WORK ITEM — Copy the complete listing exactly as shown.

RECORDED DATA —
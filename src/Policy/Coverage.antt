-- ===== src/Policy/Coverage.antt =====
-- What the compiled policy decides about a path, in one test for each delegation.
use extra_codeowners.Prelude.{
  Bool, ◌&&◌, List, [], ◌≡◌, refl, ◌∙◌, arith, list_eq, nat_eq, if◌then◌else◌, none, some, any,
  contains, map, sort, any-congr, ok, traverse_pure,
}
use extra_codeowners.Text.{Str}
use extra_codeowners.Models.Paths.{IsNormalized}
use extra_codeowners.Policy.Decision.{
  DelegationDecision, CompiledDelegation, CompiledPolicy, any_match, owner_matches,
  applies_to_path_and_owners, label_decision, decide, somes, group_by_app, coalesce, alias_le,
  is_non_delegable, delegation_decisions,
}
use extra_codeowners.Policy.Coalesce.{
  labels_allow, eligible-label_decision, accepts, any-coalesced, any-somes_if,
}

-- the delegation names the path, one of the owners and the labels, and `approved` its application
unfoldable pub delegation_covers : List Str → List Str → List Str → Str → CompiledDelegation → Bool
delegation_covers approved labels owners path delegation =
    any_match delegation.path_patterns path
    && owner_matches delegation.rule owners
    && labels_allow delegation.rule labels
    && contains approved delegation.rule.app

unfoldable pub applies : Str → List Str → CompiledDelegation → Bool
applies path owners delegation =
    any_match delegation.path_patterns path && owner_matches delegation.rule owners

-- the decisions about a path that passed validation
unfoldable pub decisions_of : CompiledPolicy → Str → List Str → List Str → List DelegationDecision
decisions_of policy path owners labels = map coalesce (
    sort alias_le (
      group_by_app [] (
        somes (
          map
            (λ delegation.
              if applies path owners delegation
              then some (label_decision delegation.rule labels)
              else none)
            policy.delegations))))

module _ (path : Str) (valid : IsNormalized path) where
  decide-eq :
      (owners labels : List Str) (d : CompiledDelegation)
      → decide d path owners labels
        ≡ ok (if applies path owners d then some (label_decision d.rule labels) else none)
  unfolding decide applies_to_path_and_owners applies
  decide-eq owners labels d = rw valid refl

  pub delegation_decisions-eq :
      (policy : CompiledPolicy) (owners labels : List Str)
      → delegation_decisions policy path owners labels ≡ ok (decisions_of policy path owners labels)
  unfolding delegation_decisions decisions_of
  delegation_decisions-eq policy owners labels =
      rw
        (traverse_pure (λ d. decide d path owners labels) _ policy.delegations
          (decide-eq owners labels))
        refl

  pub is_non_delegable-eq :
      (policy : CompiledPolicy)
      → is_non_delegable policy path ≡ ok (any_match policy.non_delegable_regexes path)
  unfolding is_non_delegable
  is_non_delegable-eq policy = rw valid refl

module _ (approved labels owners : List Str) (path : Str) where
  applies_and_accepts :
      (d : CompiledDelegation)
      → (applies path owners d && accepts (contains approved) (label_decision d.rule labels))
        ≡ delegation_covers approved labels owners path d
  unfolding applies delegation_covers label_decision
  applies_and_accepts d = ground (arith, eligible-label_decision d.rule labels)

  -- Some decision about the path, after grouping by application and coalescing, is eligible and of an
  -- approved application exactly when some delegation of the policy names the path, one of the
  -- owners and the labels, and an approved application.
  pub any-decisions_of :
      (policy : CompiledPolicy)
      → any (accepts (contains approved)) (decisions_of policy path owners labels)
        ≡ any (delegation_covers approved labels owners path) policy.delegations
  unfolding decisions_of
  any-decisions_of policy =
      any-coalesced (contains approved) _
      ∙ any-somes_if (contains approved) (applies path owners)
          (λ (d : CompiledDelegation). label_decision d.rule labels) policy.delegations
      ∙ any-congr _ (delegation_covers approved labels owners path) policy.delegations
          applies_and_accepts

  -- For a validated path the decisions are returned, and some decision, after grouping by
  -- application and coalescing, is eligible and of an approved application exactly when some
  -- delegation of the policy names the path, one of the owners and the labels, and an approved
  -- application.
  pub any-delegation_decisions :
      (policy : CompiledPolicy)
      → IsNormalized path
      → (decisions : List DelegationDecision) × (delegation_decisions policy path owners labels
          ≡ ok decisions)
        × (any (accepts (contains approved)) decisions
            ≡ any (delegation_covers approved labels owners path) policy.delegations)
  any-delegation_decisions policy valid = (
    decisions_of policy path owners labels,
    delegation_decisions-eq path valid policy owners labels,
    any-decisions_of policy,
  )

YOUR RESPONSE —
filename src/Policy/Coverage.antt
-- ===== src/Policy/Coverage.antt =====
-- What the compiled policy decides about a path, in one test for each delegation.
use extra_codeowners.Prelude.{
  Bool, ◌&&◌, List, [], ◌≡◌, refl, ◌∙◌, arith, list_eq, nat_eq, if◌then◌else◌, none, some, any,
  contains, map, sort, any-congr, ok, traverse_pure,
}
use extra_codeowners.Text.{Str}
use extra_codeowners.Models.Paths.{IsNormalized}
use extra_codeowners.Policy.Decision.{
  DelegationDecision, CompiledDelegation, CompiledPolicy, any_match, owner_matches,
  applies_to_path_and_owners, label_decision, decide, somes, group_by_app, coalesce, alias_le,
  is_non_delegable, delegation_decisions,
}
use extra_codeowners.Policy.Coalesce.{
  labels_allow, eligible-label_decision, accepts, any-coalesced, any-somes_if,
}

-- the delegation names the path, one of the owners and the labels, and `approved` its application
unfoldable pub delegation_covers : List Str → List Str → List Str → Str → CompiledDelegation → Bool
delegation_covers approved labels owners path delegation =
    any_match delegation.path_patterns path
    && owner_matches delegation.rule owners
    && labels_allow delegation.rule labels
    && contains approved delegation.rule.app

unfoldable pub applies : Str → List Str → CompiledDelegation → Bool
applies path owners delegation =
    any_match delegation.path_patterns path && owner_matches delegation.rule owners

-- the decisions about a path that passed validation
unfoldable pub decisions_of : CompiledPolicy → Str → List Str → List Str → List DelegationDecision
decisions_of policy path owners labels = map coalesce (
    sort alias_le (
      group_by_app [] (
        somes (
          map
            (λ delegation.
              if applies path owners delegation
              then some (label_decision delegation.rule labels)
              else none)
            policy.delegations))))

module _ (path : Str) (valid : IsNormalized path) where
  decide-eq :
      (owners labels : List Str) (d : CompiledDelegation)
      → decide d path owners labels
        ≡ ok (if applies path owners d then some (label_decision d.rule labels) else none)
  unfolding decide applies_to_path_and_owners applies
  decide-eq owners labels d = rw valid refl

  pub delegation_decisions-eq :
      (policy : CompiledPolicy) (owners labels : List Str)
      → delegation_decisions policy path owners labels ≡ ok (decisions_of policy path owners labels)
  unfolding delegation_decisions decisions_of
  delegation_decisions-eq policy owners labels =
      rw
        (traverse_pure (λ d. decide d path owners labels) _ policy.delegations
          (decide-eq owners labels))
        refl

  pub is_non_delegable-eq :
      (policy : CompiledPolicy)
      → is_non_delegable policy path ≡ ok (any_match policy.non_delegable_regexes path)
  unfolding is_non_delegable
  is_non_delegable-eq policy = rw valid refl

module _ (approved labels owners : List Str) (path : Str) where
  applies_and_accepts :
      (d : CompiledDelegation)
      → (applies path owners d && accepts (contains approved) (label_decision d.rule labels))
        ≡ delegation_covers approved labels owners path d
  unfolding applies delegation_covers label_decision
  applies_and_accepts d = ground (arith, eligible-label_decision d.rule labels)

  -- Some decision about the path, after grouping by application and coalescing, is eligible and of an
  -- approved application exactly when some delegation of the policy names the path, one of the
  -- owners and the labels, and an approved application.
  pub any-decisions_of :
      (policy : CompiledPolicy)
      → any (accepts (contains approved)) (decisions_of policy path owners labels)
        ≡ any (delegation_covers approved labels owners path) policy.delegations
  unfolding decisions_of
  any-decisions_of policy =
      any-coalesced (contains approved) _
      ∙ any-somes_if (contains approved) (applies path owners)
          (λ (d : CompiledDelegation). label_decision d.rule labels) policy.delegations
      ∙ any-congr _ (delegation_covers approved labels owners path) policy.delegations
          applies_and_accepts

  -- For a validated path the decisions are returned, and some decision, after grouping by
  -- application and coalescing, is eligible and of an approved application exactly when some
  -- delegation of the policy names the path, one of the owners and the labels, and an approved
  -- application.
  pub any-delegation_decisions :
      (policy : CompiledPolicy)
      → IsNormalized path
      → (decisions : List DelegationDecision) × (delegation_decisions policy path owners labels
          ≡ ok decisions)
        × (any (accepts (contains approved)) decisions
            ≡ any (delegation_covers approved labels owners path) policy.delegations)
  any-delegation_decisions policy valid = (
    decisions_of policy path owners labels,
    delegation_decisions-eq path valid policy owners labels,
    any-decisions_of policy,
  )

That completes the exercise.